Had a play with one today love it like the iPhone another gadget I don't need but will proberly buy but no flash support why any way around this


----------



## 182_Blue (Oct 25, 2005)

mick1985 said:


> yup, only thing they dont have is flash support, but its a minor niggle imo.
> 
> wish i had the cash for one :thumb:


there is a program that allows this i have just been reading about


----------



## Neil_S (Oct 26, 2005)

Are we going to get some photos then? Would like to see some, whats the keyboard like?


----------



## 182_Blue (Oct 25, 2005)

Neil_S said:


> Are we going to get some photos then?
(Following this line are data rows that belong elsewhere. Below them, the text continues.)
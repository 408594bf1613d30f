-- ===== src/Heartbeat/Turns.antt =====
-- What a turn of the heartbeat thread leaves in the heap.
use redis_rate_limiter.Prelude.{
  ℕ, ◌≡◌, refl, ap, ◌∙◌, sym, inl, inr, Bool, true, false, ◌&&◌, ◌||◌, Option, some, List, [], ◌∷◌,
  arith, ◌==◌, Bool-cases, ltb,
}
use redis_rate_limiter.Prelude.Text.{Text, same, same→eq}
use redis_rate_limiter.Heartbeat.{
  Entry, Tuple, Thread, renewing, stopped, looping, Scheduler, heappush, comes_before, take, turn,
}

-- Whether the heap has a tuple of the task at the generation.
abbrev pub is_for : Text → ℕ → Tuple → Bool
is_for id g t = same t.task_id id && t.generation == g

unfoldable pub awaits : Text → ℕ → List Tuple → Bool
awaits id g [] = false
awaits id g (t ∷ heap) = is_for id g t || awaits id g heap

pub awaits-heappush :
    (id : Text) (g : ℕ) (t : Tuple) (heap : List Tuple)
    → awaits id g (heappush t heap) ≡ (is_for id g t || awaits id g heap)
unfolding awaits heappush
awaits-heappush id g t [] = refl
awaits-heappush id g t (u ∷ heap) = elim (Bool-cases (comes_before t u)) [
  | inl e ↦ rw e
  | inr e ↦ rw (e, awaits-heappush id g t heap) (ground arith)
]

-- The thread is renewing the task.
abbrev pub is_renewing : Text → Thread → Bool
is_renewing id stopped = false
is_renewing id looping = false
is_renewing id (renewing j action) = same j id

-- Each registered task with a name has a tuple of its generation in the heap, or is being renewed.
abbrev pub IsCovered : Scheduler → Type 0
IsCovered s =
    (id : Text) (e : Entry)
    → same id [] ≡ false
    → s.entries id ≡ some e
    → (awaits id e.generation s.heap || is_renewing id s.thread) ≡ true

-- The same, for what the entry, the heap and the thread are.
abbrev pub covers : Text → Entry → List Tuple → Thread → Bool
covers id e heap thread = awaits id e.generation heap || is_renewing id thread

take-covers :
    (t : Tuple) (rest : List Tuple) (s : Scheduler) (o : Option Entry)
    → s.entries t.task_id ≡ o
    → (id : Text) (e : Entry) → s.entries id ≡ some e
    → awaits id e.generation (t ∷ rest) ≡ true
    → covers id e (take t rest o s).heap (take t rest o s).thread ≡ true
unfolding take awaits
take-covers t rest s o at id e h c = elim (Bool-cases (same t.task_id id)) [
  | inl q ↦ ground (arith, ap s.entries (same→eq t.task_id id q))
  | inr q ↦ ground arith
]

take-entries :
    (t : Tuple) (rest : List Tuple) (s : Scheduler) (o : Option Entry)
    → (take t rest o s).entries ≡ s.entries
unfolding take
take-entries t rest s o = ground arith

turn-covers :
    (now : ℕ) (s : Scheduler) (heap : List Tuple)
    → s.thread ≡ looping
    → heap ≡ s.heap
    → (id : Text) (e : Entry) → s.entries id ≡ some e
    → awaits id e.generation heap ≡ true
    → covers id e (turn now heap s).heap (turn now heap s).thread ≡ true
unfolding turn awaits
turn-covers now s [] l q id e h c = ground arith
turn-covers now s (t ∷ rest) l q id e h c = elim (Bool-cases (ltb now t.due)) [
  | inl w ↦ rw w (ground (arith, ap (awaits id e.generation) q, c))
  | inr w ↦ rw w (take-covers t rest s (s.entries t.task_id) refl id e h c)
]

turn-entries : (now : ℕ) (heap : List Tuple) (s : Scheduler) → (turn now heap s).entries ≡ s.entries
unfolding turn
turn-entries now [] s = refl
turn-entries now (t ∷ rest) s = elim (Bool-cases (ltb now t.due)) [
  | inl w ↦ rw w refl
  | inr w ↦ rw w (take-entries t rest s (s.entries t.task_id))
]

pub turn-IsCovered :
    (now : ℕ) (s : Scheduler) → s.thread ≡ looping → IsCovered s → IsCovered (turn now s.heap s)
turn-IsCovered now s l c id e n h =
    let found : s.entries id ≡ some e = sym (ap (λ f. f id) (turn-entries now s.heap s)) ∙ h in
    turn-covers now s s.heap l refl id e found (ground (arith, c id e n found))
Would like to see some, whats the keyboard like?


The keyboard is very nice, im still getting used to it but feels very good upto yet , im loving the way some sites work, i.e with basic info on the side and full info on the right side, mines now Jailbroken which took about 1 minute :doublesho, was so east, heres a quick snap of the keyboard


----------



## Grizzle (Jul 12, 2006)

Typical posts deleted!!


----------



## boyasaka (Jun 13, 2009)

Quote:
Originally Posted by boyasaka 
can you use the ipad for full internet browsing ????????????? 
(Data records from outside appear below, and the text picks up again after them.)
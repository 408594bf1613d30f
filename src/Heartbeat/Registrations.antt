-- ===== src/Heartbeat/Registrations.antt =====
-- Registering and deregistering keep the other tasks of the heartbeat covered.
use redis_rate_limiter.Prelude.{
  ℕ, ◌+◌, ◌≡◌, refl, ap, ◌∙◌, sym, subst, inl, inr, true, false, some, [], arith, Bool-cases,
}
use redis_rate_limiter.Prelude.Text.{Text, same, same→eq}
use redis_rate_limiter.Heartbeat.{
  Action, Scheduler, put, heappush, ensure_started, register, deregister,
}
use redis_rate_limiter.Heartbeat.Turns.{awaits-heappush, is_renewing, IsCovered}

started-entries : (s : Scheduler) → (ensure_started s).entries ≡ s.entries
unfolding ensure_started
started-entries s = ground arith

started-heap : (s : Scheduler) → (ensure_started s).heap ≡ s.heap
unfolding ensure_started
started-heap s = ground arith

started_renewing :
    (id : Text) (s : Scheduler) → is_renewing id (ensure_started s).thread ≡ is_renewing id s.thread
unfolding ensure_started
started_renewing id s = ground arith

pub deregister-IsCovered : (id : Text) (s : Scheduler) → IsCovered s → IsCovered (deregister id s)
unfolding deregister
deregister-IsCovered id s c j e n h = ground (arith, c j e n)

-- Registering, but for the start of the thread.
abbrev entered : ℕ → ℕ → Text → Action → Scheduler → Scheduler
entered interval now id action s = record s {
  entries =
      put id (some (record { on_failure = action; is_healthy = true; generation = 0 })) s.entries;
  heap = heappush (record { due = now + interval; task_id = id; generation = 0 }) s.heap;
}

register-named :
    (interval now : ℕ) (id : Text) (action : Action) (s : Scheduler)
    → same id [] ≡ false
    → register interval now id action s ≡ ensure_started (entered interval now id action s)
unfolding register
register-named interval now id action s n = rw n refl

register-unnamed :
    (interval now : ℕ) (id : Text) (action : Action) (s : Scheduler)
    → same id [] ≡ true
    → register interval now id action s ≡ record s {
      entries =
          put id
            (some (record { on_failure = action; is_healthy = true; generation = 0 }))
            s.entries;
    }
unfolding register
register-unnamed interval now id action s n = rw n refl

entered-IsCovered :
    (interval now : ℕ) (id : Text) (action : Action) (s : Scheduler)
    → IsCovered s
    → IsCovered (entered interval now id action s)
entered-IsCovered interval now id action s c j e n h = elim (Bool-cases (same id j)) [
  | inl q ↦
      rw
        (awaits-heappush j e.generation
          (record { due = now + interval; task_id = id; generation = 0 }) s.heap)
        (ground arith)
  | inr q ↦
      rw
        (awaits-heappush j e.generation
          (record { due = now + interval; task_id = id; generation = 0 }) s.heap)
        (ground (arith, c j e n (rw q at h)))
]

started-IsCovered : (s : Scheduler) → IsCovered s → IsCovered (ensure_started s)
started-IsCovered s c j e n h =
    rw (started-heap s, started_renewing j s)
      (c j e n (sym (ap (λ f. f j) (started-entries s)) ∙ h))

pub register-IsCovered :
    (interval now : ℕ) (id : Text) (action : Action) (s : Scheduler)
    → IsCovered s
    → IsCovered (register interval now id action s)
register-IsCovered interval now id action s c = elim (Bool-cases (same id [])) [
  | inr n ↦
      subst IsCovered (sym (register-named interval now id action s n))
        (started-IsCovered _ (entered-IsCovered interval now id action s c))
  | inl n ↦ subst IsCovered (sym (register-unnamed interval now id action s n)) (λ j e m h.
      elim (Bool-cases (same id j)) [
        | inl q ↦ ground (arith, ap (λ x. same x []) (same→eq id j q))
        | inr q ↦ c j e m (rw q at h)
      ])
]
yup, only thing they dont have is flash support, but its a minor niggle imo.

forgive the lack of pc lingo but what does flash support mean ,, what wont it do then ??


----------



## 182_Blue (Oct 25, 2005)

Grizzle said:


> Typical posts deleted!!


I reckon before you complain you should at least be looking at the correct thread :lol::lol::lol:

Here is the thread to help you http://www.detailingworld.co.uk/forum/showthread.php?t=168242


----------



## byrnes (Jul 15, 2008)

182, what advantages/disadvantages are there for jailbraking them?


----------



## 182_Blue (Oct 25, 2005)

byrnes said:


> 182, what advantages/disadvantages are there for jailbraking them?
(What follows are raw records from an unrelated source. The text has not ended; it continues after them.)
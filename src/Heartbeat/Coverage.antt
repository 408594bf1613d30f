-- ===== src/Heartbeat/Coverage.antt =====
-- No registered task is forgotten by the heartbeat, unless a renewal raises what is not caught.
use redis_rate_limiter.Prelude.{
  ℕ, suc, ◌+◌, ◌≡◌, ap, ◌≢◌, inl, inr, true, false, Option, none, some, List, [], ◌∷◌, arith,
  Bool-cases,
}
use redis_rate_limiter.Prelude.Text.{Text, same, same→eq}
use redis_rate_limiter.Heartbeat.{Entry, Scheduler, other_error, reschedule, Event, renews}
use redis_rate_limiter.Heartbeat.Turns.{awaits, awaits-heappush, IsCovered}

-- Each named task but one is awaited by the heap.
abbrev pub OthersAwaited : Text → Scheduler → Type 0
OthersAwaited id s =
    (j : Text) (e : Entry)
    → same j [] ≡ false
    → same id j ≡ false
    → s.entries j ≡ some e
    → awaits j e.generation s.heap ≡ true

pub reschedule-IsCovered :
    (interval now : ℕ) (id : Text) (o : Option Entry) (s : Scheduler)
    → s.entries id ≡ o
    → OthersAwaited id s
    → IsCovered (reschedule interval now id o s)
unfolding reschedule
reschedule-IsCovered interval now id none s at others j e n h = elim (Bool-cases (same id j)) [
  | inl q ↦ ground (arith, ap s.entries (same→eq id j q))
  | inr q ↦ ground (arith, others j e n q h)
]
reschedule-IsCovered interval now id (some x) s at others j e n h =
    rw
      (awaits-heappush j e.generation
        (record { due = now + interval; task_id = id; generation = suc x.generation }) s.heap)
      (elim (Bool-cases (same id j)) [
        | inl q ↦ ground arith
        | inr q ↦ ground (arith, others j e n q (rw q at h))
      ])

-- No renewal ends with an exception other than redis.RedisError.
abbrev pub AllCaught : List Event → Type 0
AllCaught [] = Unit {0}
AllCaught (renews now outcome ∷ events) = (outcome ≢ other_error) × AllCaught events
AllCaught (_ ∷ events) = AllCaught events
Well, you can add cydia which brings programs that are not available on iTunes, also if your into dodgy activities you can get all the iTunes apps free, this is of course not what i wanted it for


----------



## mr kuryakin (Nov 20, 2005)

hi ive got a quick question.can you use it straight out the box or do you have to sync it with your pc?im going away tomorrow and im thinking of picking one up on the way to the airport and want to use it while im away.
thanks


----------



## 182_Blue (Oct 25, 2005)

mr kuryakin said:


> hi ive got a quick question.can you use it straight out the box or do you have to sync it with your pc?im going away tomorrow and im thinking of picking one up on the way to the airport and want to use it while im away.
> thanks


It needs to sync with iTunes first


----------



## mr kuryakin (Nov 20, 2005)

thanks might just get one anyway


----------



## CupraRcleanR (Sep 2, 2007)

S the Internet just as slow as the iPhone or more like a pc/mac?


----------



## 182_Blue (Oct 25, 2005)

CupraRcleanR said:


> S the Internet just as slow as the iPhone or more like a pc/mac?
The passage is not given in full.